The first thing to understand is that constitutionally, the European Union is sui generis. It is unique. Nothing quite like this has ever been tried before. When I try to explain to my American colleagues the direction Europe is taking, the Continental Congress and the Federalist Papers fall readily to hand.

Historically the objectives were similar; how to avoid the effects of blocking minorities (Rhode Island) on issues which were to the (commercial) advantage of the other states. The result was a federation that, despite its written constitution, has in practice worked in ways which its own "founding fathers" could never have imagined.

This is one possible shortcoming of a written constitution, or "stated goals and objectives". Constitutional evolution (or "drift", depending on where one is coming from) is inherent in such institutions. It took the best part of 200 years plus one civil and two world wars for the American constitution to settle down in its "modern" form. Even though by its nature, the European project cannot arouse the intellectual ferment characteristic of revolutionary situations, and in years is hardly out of its cradle, much has been achieved in the last fifty. How much did the American Union achieve in its first half-century?

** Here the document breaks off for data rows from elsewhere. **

-- ===== src/Drivers/Alternate.antt =====
-- The button service on the button reader of the demo:
-- example/services/buttonService/src/buttonService.c and
-- example/drivers/buttonReader/src/buttonReader.c.
use cpputest_for_freertos.Service.{◌>>◌, Outcome, ok}
use cpputest_for_freertos.Service.BinarySemaphore.{BinarySemaphore}
use cpputest_for_freertos.Base.{
  Bool, ℕ, some, ◌≡◌, true, suc, ◌∷◌, Bool-cases, not, false, inl, refl, arith, inr,
}
use cpputest_for_freertos.Button.{
  Kernel, ButtonState, Button, button_pressed, button_released, button_change, reader_read,
}
use cpputest_for_freertos.Drivers.{button_reader_read, replayed, demo_reader}
use cpputest_for_freertos.Button.Events.{isr_times, process, isrs-one_event}

abbrev pub read_state : Bool → ButtonState
read_state true = button_pressed
read_state false = button_released

module _ {S : Type 0} (sema : BinarySemaphore S) (kernel : Kernel) where
  -- One or more interrupts, and the event that they cause.
  abbrev pub event : ℕ → Button S → Outcome (Button S) Bool
  event n s = (isr_times sema demo_reader kernel (suc n) >> process sema demo_reader kernel) s

  -- The service after the reader has told of the on/off button.
  abbrev pub told_once : Button S → S → Button S
  told_once s h = record s {
    event_sema = some h;
    log = button_change 1 (read_state (replayed s.log).toggle) s.context ∷ reader_read ∷ s.log;
  }

  event-told :
      (n : ℕ) (s : Button S) (h : S)
      → s.event_sema ≡ some h
      → s.callback ≡ true
      → (h' : S) × (event n s ≡ ok true (told_once s h'))
  unfolding button_reader_read
  event-told n s h e heard = elim (Bool-cases (replayed s.log).toggle) [
    | inl on ↦
        let (_, h', runs, first, _) =
          isrs-one_event sema demo_reader kernel n s h 2 0 e (ground (arith, on)) in
        (h', ground (arith, runs, first, heard, on))
    | inr off ↦
        let (_, h', runs, first, _) =
          isrs-one_event sema demo_reader kernel n s h 0 2 e (ground (arith, off)) in
        (h', ground (arith, runs, first, heard, off))
  ]

  -- Let a button service with a semaphore and a callback run on the button reader of the demo. One
  -- or more interrupts, an event, one or more interrupts again and an event call the callback
  -- twice, with the flag of the on/off button and the two states in turn, beginning with the one
  -- that the reader comes to next. The semaphore behaves as FreeRTOS documents.
  pub events-alternate :
      (m n : ℕ) (s : Button S) (h : S)
      → s.event_sema ≡ some h
      → s.callback ≡ true
      → let told = read_state (replayed s.log).toggle in
        let then_told = read_state (not (replayed s.log).toggle) in
        (s' : Button S) × (s'' : Button S) × (event m s ≡ ok true s')
        × (event n s' ≡ ok true s'')
        × (s''.log
            ≡ button_change 1 then_told s.context
              ∷ reader_read
              ∷ button_change 1 told s.context
              ∷ reader_read
              ∷ s.log)
  unfolding replayed button_reader_read
  events-alternate m n s h e heard =
      let (h', first) = event-told m s h e heard in
      let (h'', second) = event-told n (told_once s h') h' refl heard in
      (told_once s h', told_once (told_once s h') h'', first, second, refl)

In all this, I recognise one great originality. Partly as the result of having to deal with recalcitrant nation states, the Commission has developed the concept of the "Europe of regions", appealing directly over the heads of the nations to the regionally governed. This in itself would take care of the cultural and "language" issue. For precisely this reason, the Council of Ministers must not gain (or regain) power at the expense of the Commission or Parliament. This island is fortunate in that (with one notable exception), its political unit corresponds with its natural geographical frontiers.Others are not so lucky, and it seems to me a logical solution to the problems of nationality (or nationalism) set out in the first part of your essay.